There are possible mathematical explanations for the distribution of mountains.  Normal bell-curves can be formed by the aggregation of many smaller bell-curves.  Since different geographical regions, that represent discrete branches of the divide tree, have different elevation modularities, their aggregation may tend to smooth out these differences.  On the other hand,  elevation in the United States is not randomly distributed, leading us to wonder if the measurement of prominence tends to adjust for these differences. 

Another explanation is that a divide tree has a tendency towards symmetry.  An elevation cross-section might on average have the same number of summits on each side of the central divide.  The map of the United States does not seem to bear this out:  more than 80% of the data points are west of the continental divide for example.  However symmetry in the aggregate might help explain the evenness of mountain distribution.  
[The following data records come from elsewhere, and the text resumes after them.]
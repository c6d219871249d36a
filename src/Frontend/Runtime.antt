-- ===== src/Frontend/Runtime.antt =====
-- How a page runs in the browser: the user acts on what is rendered, timers fire, and the replies to
-- the calls in flight come back in any order. A handler is cut at each `await`; between the cuts
-- anything else may happen.
use mathlib.Core.List.{append-nil}
use quark_cache.Common.{
  List, [], ◌∷◌, ◌++◌, ◌≡◌, ◌≢◌, refl, sym, ap, ◌∙◌, Bool, true, false, Option, none, some, arith,
}

pub record Page : Type 1 where
  pub State : Type 0
  pub Event : Type 0
  -- What the environment adds to an event or a reply: clock readings, random draws.
  pub Env : Type 0
  -- A handler that waits, with what it keeps.
  pub Pending : Type 0
  pub Result : Pending → Type 0
  -- The events that can happen: those that the document offers, and timers.
  pub CanHappen : State → Event → Type 0
  pub start : State
  -- The calls that the effects of the first render send.
  pub mounted : List Pending
  pub handle : Event → Env → State → State × List Pending
  pub resume : (p : Pending) → Result p → Env → State → State × List Pending

module _ (page : Page) where
  open page use {State, Event, Env, Pending, Result, CanHappen, start, mounted, handle, resume}

  pub record World : Type 0 where
    pub state : State
    pub pending : List Pending

  pub data Step : World → World → Type 0 where
    event :
        {w : World} (e : Event) (env : Env)
        → CanHappen w.state e
        → Step w (record {
          state = (handle e env w.state).0;
          pending = w.pending ++ (handle e env w.state).1;
        })
    reply :
        {w : World} (before : List Pending) (p : Pending) (after : List Pending)
        → w.pending ≡ before ++ p ∷ after
        → (r : Result p) (env : Env)
        → Step w (record {
          state = (resume p r env w.state).0;
          pending = (before ++ after) ++ (resume p r env w.state).1;
        })

  -- What a run of the page can lead to.
  pub data Reachable : World → Type 0 where
    at_start : Reachable (record { state = start; pending = mounted })
    next : {w v : World} → Reachable w → Step w v → Reachable v

  -- A property of the start that every step keeps holds throughout.
  pub Reachable-induction :
      (P : World → Type 0)
      → P (record { state = start; pending = mounted })
      → ((w v : World) → Step w v → P w → P v)
      → (w : World) → Reachable w
      → P w
  Reachable-induction P base keep _ at_start = base
  Reachable-induction P base keep v (next {w} r st) =
      keep w v st (Reachable-induction P base keep w r)

-- A handler with a spinner: `busy` is its flag, and the list holds its calls in flight. None while it
-- is idle, and one while it is busy.
abbrev pub Flies : {P : Type 0} → Bool → List P → Type 0
Flies false ps = ps ≡ []
Flies {P} true ps = (p : P) × (ps ≡ p ∷ [])

module _ {P : Type 0} where
  pub Flies-idle : (b : Bool) (ps : List P) → b ≡ false → Flies b ps → ps ≡ []
  Flies-idle true ps e h = cc
  Flies-idle false ps e h = h

  -- An idle handler that runs is idle or busy by what it sent.
  pub Flies-event :
      (b b' : Bool) (ps sent : List P)
      → b ≡ false
      → Flies b ps
      → Flies b' sent
      → Flies b' (ps ++ sent)
  Flies-event b b' ps sent e h k = rw (Flies-idle b ps e h) k

  pub Flies-same : (b : Bool) (ps : List P) → Flies b ps → Flies b (ps ++ [])
  Flies-same b ps h = rw append-nil h

  no_split : (before : List P) (p : P) (after : List P) → [] ≡ before ++ p ∷ after → ⊥
  no_split [] p after e = cc
  no_split (x ∷ before) p after e = cc

  -- A handler that has a call in flight is busy.
  pub Flies-busy :
      (b : Bool) (ps before : List P) (p : P) (after : List P)
      → ps ≡ before ++ p ∷ after
      → Flies b ps
      → b ≡ true
  Flies-busy false ps before p after e h = absurd (no_split before p after (sym h ∙ e))
  Flies-busy true ps before p after e h = refl

  -- When a reply comes, it is to the only call.
  pub Flies-reply :
      (b : Bool) (ps before : List P) (p : P) (after : List P)
      → ps ≡ before ++ p ∷ after
      → Flies b ps
      → before ++ after ≡ []
  Flies-reply false ps before p after e h = absurd (no_split before p after (sym h ∙ e))
  Flies-reply true ps [] p after e (q, h) = ground arith
  Flies-reply true ps (x ∷ before) p after e (q, h) =
      absurd (no_split before p after (ground arith))

-- The calls of one kind among the calls in flight.
unfoldable pub pick : {A P : Type 0} → (P → Option A) → List P → List A
pick f [] = []
pick f (x ∷ xs) = elim (f x) [ none ↦ pick f xs | some a ↦ a ∷ pick f xs ]

module _ {A P : Type 0} (f : P → Option A) where
  pub pick-nil : pick f [] ≡ []
  unfolding pick
  pick-nil = refl

  pub pick-append : (xs ys : List P) → pick f (xs ++ ys) ≡ pick f xs ++ pick f ys
  unfolding pick
  pick-append [] ys = refl
  pick-append (x ∷ xs) ys = ground (arith, pick-append xs ys)

  pub pick-cons_some :
      (x : P) (xs : List P) (a : A) → f x ≡ some a → pick f (x ∷ xs) ≡ a ∷ pick f xs
  unfolding pick
  pick-cons_some x xs a e = ground arith

  pub pick-cons_none : (x : P) (xs : List P) → f x ≡ none → pick f (x ∷ xs) ≡ pick f xs
  unfolding pick
  pick-cons_none x xs e = ground arith

  -- The calls of this kind, after one more call.
  pub pick-snoc_some :
      (xs : List P) (x : P) (a : A) → f x ≡ some a → pick f (xs ++ x ∷ []) ≡ pick f xs ++ a ∷ []
  pick-snoc_some xs x a e =
      pick-append xs (x ∷ [])
      ∙ ap (◌++◌ (pick f xs)) (pick-cons_some x [] a e ∙ ap (◌∷◌ a) pick-nil)

  pub pick-snoc_none : (xs : List P) (x : P) → f x ≡ none → pick f (xs ++ x ∷ []) ≡ pick f xs
  pick-snoc_none xs x e =
      pick-append xs (x ∷ [])
      ∙ ap (◌++◌ (pick f xs)) (pick-cons_none x [] e ∙ pick-nil)
      ∙ append-nil (pick f xs)

  -- A call of another kind that is answered leaves the calls of this kind.
  pub pick-others :
      (before : List P) (x : P) (after : List P)
      → f x ≡ none
      → pick f (before ++ after) ≡ pick f (before ++ x ∷ after)
  pick-others before x after e =
      rw (pick-append before after, pick-append before (x ∷ after), pick-cons_none x after e)

  module _ (b : Bool) (before : List P) (x : P) (after : List P) (a : A) (e : f x ≡ some a)
      (h : Flies b (pick f (before ++ x ∷ after))) where
    split : pick f (before ++ x ∷ after) ≡ pick f before ++ a ∷ pick f after
    split = pick-append before (x ∷ after) ∙ ap (◌++◌ (pick f before)) (pick-cons_some x after a e)

    -- The only call of its kind is answered: the handler was busy, and none is left.
    pub pick_busy : b ≡ true
    pick_busy = Flies-busy b (pick f (before ++ x ∷ after)) (pick f before) a (pick f after) split h

    pub pick_answered : pick f (before ++ after) ≡ []
    pick_answered =
        pick-append before after
        ∙ Flies-reply b (pick f (before ++ x ∷ after)) (pick f before) a (pick f after) split h

pub append-ne-nil_right : {A : Type 0} (xs : List A) (x : A) → xs ++ x ∷ [] ≢ []
append-ne-nil_right [] x e = cc
append-ne-nil_right (y ∷ xs) x e = cc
The following datasets are inconclusive, both are based on arbitrary political divisions and do not reflect a natural branch of the divide tree:

1.      A list of Washington state prominences compiled by Jeff Howbert.  The set of 4,000+ summits is 90% complete, missing some hills in the east of the state.

2.     A list of summits to P300 for Arizona, by Bob Martin and Mark Nichols.  Unfortunately this data contains two large biases that are difficult to compensate.   The list includes named summits with P<300'.  The more significant limitation is that Indian Reservations and Military Bases were not included on the list (which was made for hikers, not for statistical purposes), which creates holes in the divide tree in presumably specific elevation ranges.

5.5         Dominance

A mountain's prominence value divided by total elevation is one indication of the degree to which a summit stands out.  Eberhard Jurgalski proposes the term 'dominance'.

The highpoint of a sea island or natural continent would have 100% dominance (elevation equals prominence.)  Some other summits, notably in California and Washington appear to be virtual land islands, rising on every side above a coastal plain.  In Europe, Mont Blanc is 99% dominant.

Of the 1,234 P2,000 summits, 251 (20%) have more than 50% dominance.  26 (2%) have more than 80% dominance.  The following list of 13 summits have  >90% dominance.

Lassen Peak coincidentally has exactly 50% dominance.  The mountain elevation is 10,457', and its Key Saddle (Beckwourth Pass) is half way at 5,228'.